---------- GIVEN INFORMATION ----------

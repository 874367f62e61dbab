-- ===== src/Web/Stream/Complete.antt =====
-- internal/web/server.go: `streamChunked` ends, and sends the bytes of the file in their order.
use logfalcon.Prelude.{
  ℕ, zero, suc, ◌+◌, ◌-◌, ◌≤◌, ◌<◌, ◌≡◌, refl, sym, ap, ◌∙◌, true, Option, none, some, List, [],
  ◌∷◌, ◌++◌, min, arith, ◌==◌, on_if, length, take, drop, take_add, take_all, length-take,
}
use logfalcon.Web.Stream.{
  file_chunk_size, ReadAnswer, read_fails, at_most_suc, Transfer, read_bytes, write_bytes,
  after_read, stream_read, stream_loop, stream_chunked,
}
use mathlib.Core.List.{append-nil, append_assoc}

-- From `t` to `t'` the next `count` bytes of the file were sent.
pub record Streams (limit : ℕ) (t t' : Transfer) : Type 0 where
  pub count : ℕ
  pub within : count ≤ limit
  pub in_order : t'.sent ≡ t.sent ++ take count t.unread

take-length-take : (n : ℕ) (l : List ℕ) → take (length (take n l)) l ≡ take n l
take-length-take zero l = refl
take-length-take (suc n) [] = refl
take-length-take (suc n) (x ∷ l) = ap (◌∷◌ x) (take-length-take n l)

read_bytes_prefix :
    (reads : List ReadAnswer) (to_read : ℕ) (l : List ℕ)
    → (k : ℕ) × ((read_bytes reads to_read l ≡ take k l) × (k ≤ to_read))
unfolding read_bytes
read_bytes_prefix [] to_read l = (to_read, (refl, omega arith))
read_bytes_prefix (read_fails ∷ rest) to_read l = (0, (refl, omega arith))
read_bytes_prefix (at_most_suc n ∷ rest) to_read l = (min (suc n) to_read, (refl, omega arith))

-- A `Read` returns the next bytes of the file.
pub read_bytes_next :
    (reads : List ReadAnswer) (to_read : ℕ) (l : List ℕ)
    → (take (length (read_bytes reads to_read l)) l ≡ read_bytes reads to_read l)
      × (length (read_bytes reads to_read l) ≤ to_read)
read_bytes_next reads to_read l =
    let (k, (e, h)) = read_bytes_prefix reads to_read l in
    rw e (take-length-take k l, omega (arith, length-take k l))

take-take : (k n : ℕ) (l : List ℕ) → k ≤ n → take k (take n l) ≡ take k l
take-take zero n l h = refl
take-take (suc k) (suc n) [] h = refl
take-take (suc k) (suc n) (x ∷ l) h = ap (◌∷◌ x) (take-take k n l (omega arith))
take-take (suc k) zero l h = elim h [ ]

-- A `Write` sends some of its bytes, and leaves the file alone.
write_bytes_sent :
    (writes : List (Option ℕ)) (bytes : List ℕ) (t : Transfer)
    → (k : ℕ) × (((write_bytes writes bytes t).1.sent ≡ t.sent ++ take k bytes)
        × (k ≤ length bytes))
unfolding write_bytes
write_bytes_sent [] bytes t = (
  length bytes,
  (ap (◌++◌ t.sent) (sym (take_all (length bytes) bytes (omega arith))), omega arith),
)
write_bytes_sent (none ∷ rest) bytes t = (
  length bytes,
  (ap (◌++◌ t.sent) (sym (take_all (length bytes) bytes (omega arith))), omega arith),
)
write_bytes_sent (some n ∷ rest) bytes t = (
  length (take n bytes),
  (ap (◌++◌ t.sent) (sym (take-length-take n bytes)), omega (arith, length-take n bytes)),
)

write_bytes_all :
    (writes : List (Option ℕ)) (bytes : List ℕ) (t : Transfer)
    → (write_bytes writes bytes t).0 ≡ true
    → (write_bytes writes bytes t).1.sent ≡ t.sent ++ bytes
unfolding write_bytes
write_bytes_all [] bytes t h = refl
write_bytes_all (none ∷ rest) bytes t h = refl
write_bytes_all (some n ∷ rest) bytes t h = cc h

pub write_bytes_unread :
    (writes : List (Option ℕ)) (bytes : List ℕ) (t : Transfer)
    → (write_bytes writes bytes t).1.unread ≡ t.unread
unfolding write_bytes
write_bytes_unread [] bytes t = refl
write_bytes_unread (none ∷ rest) bytes t = refl
write_bytes_unread (some n ∷ rest) bytes t = refl

-- The loop is through.
abbrev pub Ends : ℕ → Transfer → Option Transfer → Type 0
Ends limit t r = (t' : Transfer) × ((r ≡ some t') × Streams limit t t')

nothing_sent : (limit : ℕ) (t t' : Transfer) → t'.sent ≡ t.sent → Streams limit t t'
nothing_sent limit t t' e = record {
  count = 0;
  within = omega arith;
  in_order = e ∙ sym (append-nil t.sent);
}

-- A round whose `Write` fails.
cut_short :
    (limit : ℕ) (bytes : List ℕ) (t : Transfer)
    → take (length bytes) t.unread ≡ bytes
    → length bytes ≤ limit
    → Streams limit t ((write_bytes t.writes bytes (after_read bytes t)).1)
cut_short limit bytes t e h =
    let (k, (s, b)) = write_bytes_sent t.writes bytes (after_read bytes t) in
    record {
      count = k;
      within = omega (arith, b, h);
      in_order = s ∙ ap (◌++◌ t.sent) (ap (take k) (sym e) ∙ take-take k (length bytes) t.unread b);
    }

-- What a round whose `Write` succeeds sends, put before what the rest of the loop sends.
pub sent_before :
    (count : ℕ) (bytes : List ℕ) (t t' : Transfer)
    → take (length bytes) t.unread ≡ bytes
    → (write_bytes t.writes bytes (after_read bytes t)).0 ≡ true
    → (let w = (write_bytes t.writes bytes (after_read bytes t)).1 in
        t'.sent ≡ w.sent ++ take count w.unread)
    → t'.sent ≡ t.sent ++ take (length bytes + count) t.unread
sent_before count bytes t t' e good s =
    let w = (write_bytes t.writes bytes (after_read bytes t)).1 in
    let tail = take count (drop (length bytes) t.unread) in
    let step : w.sent ++ take count w.unread ≡ (t.sent ++ bytes) ++ tail =
      rw
        (
          write_bytes_all t.writes bytes (after_read bytes t) good,
          write_bytes_unread t.writes bytes (after_read bytes t),
        )
        refl in
    rw (take_add (length bytes) count t.unread, e) (s ∙ step ∙ append_assoc t.sent bytes tail)

sent_on :
    (limit : ℕ) (bytes : List ℕ) (t t' : Transfer)
    → take (length bytes) t.unread ≡ bytes
    → length bytes ≤ limit
    → (write_bytes t.writes bytes (after_read bytes t)).0 ≡ true
    → Streams (limit - length bytes) ((write_bytes t.writes bytes (after_read bytes t)).1) t'
    → Streams limit t t'
sent_on limit bytes t t' e h good s = record {
  count = length bytes + s.count;
  within = omega (arith, h, s.within);
  in_order = sent_before s.count bytes t t' e good s.in_order;
}

round_Ends :
    (fuel limit : ℕ) (bytes : List ℕ) (t : Transfer)
    → take (length bytes) t.unread ≡ bytes
    → length bytes ≤ limit
    → limit < suc fuel
    → ((n : ℕ) (u : Transfer) → n < fuel → Ends n u (stream_loop fuel n u))
    → Ends limit t (
        stream_read bytes (after_read bytes t) (write_bytes t.writes bytes (after_read bytes t)) (
          stream_loop fuel
            (limit - length bytes)
            ((write_bytes t.writes bytes (after_read bytes t)).1)))
unfolding stream_read
round_Ends fuel limit [] t e h lt again =
    (after_read [] t, (refl, nothing_sent limit t (after_read [] t) refl))
round_Ends fuel limit (b ∷ bytes) t e h lt again =
    let w = write_bytes t.writes (b ∷ bytes) (after_read (b ∷ bytes) t) in
    on_if (Ends limit t) w.0 (stream_loop fuel (limit - length (b ∷ bytes)) w.1) (some w.1)
      (λ good.
        let (t', (q, s)) = again (limit - length (b ∷ bytes)) w.1 (omega (arith, lt, h)) in
        (t', (q, sent_on limit (b ∷ bytes) t t' e h good s)))
      (λ bad. (w.1, (refl, cut_short limit (b ∷ bytes) t e h)))

stream_loop-Ends :
    (fuel limit : ℕ) (t : Transfer) → limit < fuel → Ends limit t (stream_loop fuel limit t)
unfolding stream_loop
stream_loop-Ends zero limit t lt = elim lt [ ]
stream_loop-Ends (suc fuel) limit t lt =
    let (e, h) = read_bytes_next t.reads (min file_chunk_size limit) t.unread in
    on_if (Ends limit t) (limit == 0) _ _ (λ z. (t, (refl, nothing_sent limit t t refl)))
      (λ z. round_Ends fuel limit _ t e (omega (arith, h)) lt (stream_loop-Ends fuel))

-- `streamChunked` ends, whatever its reads and writes do, and what it has sent by then is a run of at most
-- `length` next bytes of the file, in their order.
pub stream_chunked-Ends : (limit : ℕ) (t : Transfer) → Ends limit t (stream_chunked limit t)
unfolding stream_chunked
stream_chunked-Ends limit t = stream_loop-Ends (suc limit) limit t (omega arith)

----------

=== PROBLEM REQUIREMENTS ===
From the line holding "on_if (Ends limit t) w.0" to the last line of the records, quote each line exactly and add nothing.

=== WRITTEN ANSWER ===
    on_if (Ends limit t) w.0 (stream_loop fuel (limit - length (b ∷ bytes)) w.1) (some w.1)
      (λ good.
        let (t', (q, s)) = again (limit - length (b ∷ bytes)) w.1 (omega (arith, lt, h)) in
        (t', (q, sent_on limit (b ∷ bytes) t t' e h good s)))
      (λ bad. (w.1, (refl, cut_short limit (b ∷ bytes) t e h)))

stream_loop-Ends :
    (fuel limit : ℕ) (t : Transfer) → limit < fuel → Ends limit t (stream_loop fuel limit t)
unfolding stream_loop
stream_loop-Ends zero limit t lt = elim lt [ ]
stream_loop-Ends (suc fuel) limit t lt =
    let (e, h) = read_bytes_next t.reads (min file_chunk_size limit) t.unread in
    on_if (Ends limit t) (limit == 0) _ _ (λ z. (t, (refl, nothing_sent limit t t refl)))
      (λ z. round_Ends fuel limit _ t e (omega (arith, h)) lt (stream_loop-Ends fuel))

-- `streamChunked` ends, whatever its reads and writes do, and what it has sent by then is a run of at most
-- `length` next bytes of the file, in their order.
pub stream_chunked-Ends : (limit : ℕ) (t : Transfer) → Ends limit t (stream_chunked limit t)
unfolding stream_chunked
stream_chunked-Ends limit t = stream_loop-Ends (suc limit) limit t (omega arith)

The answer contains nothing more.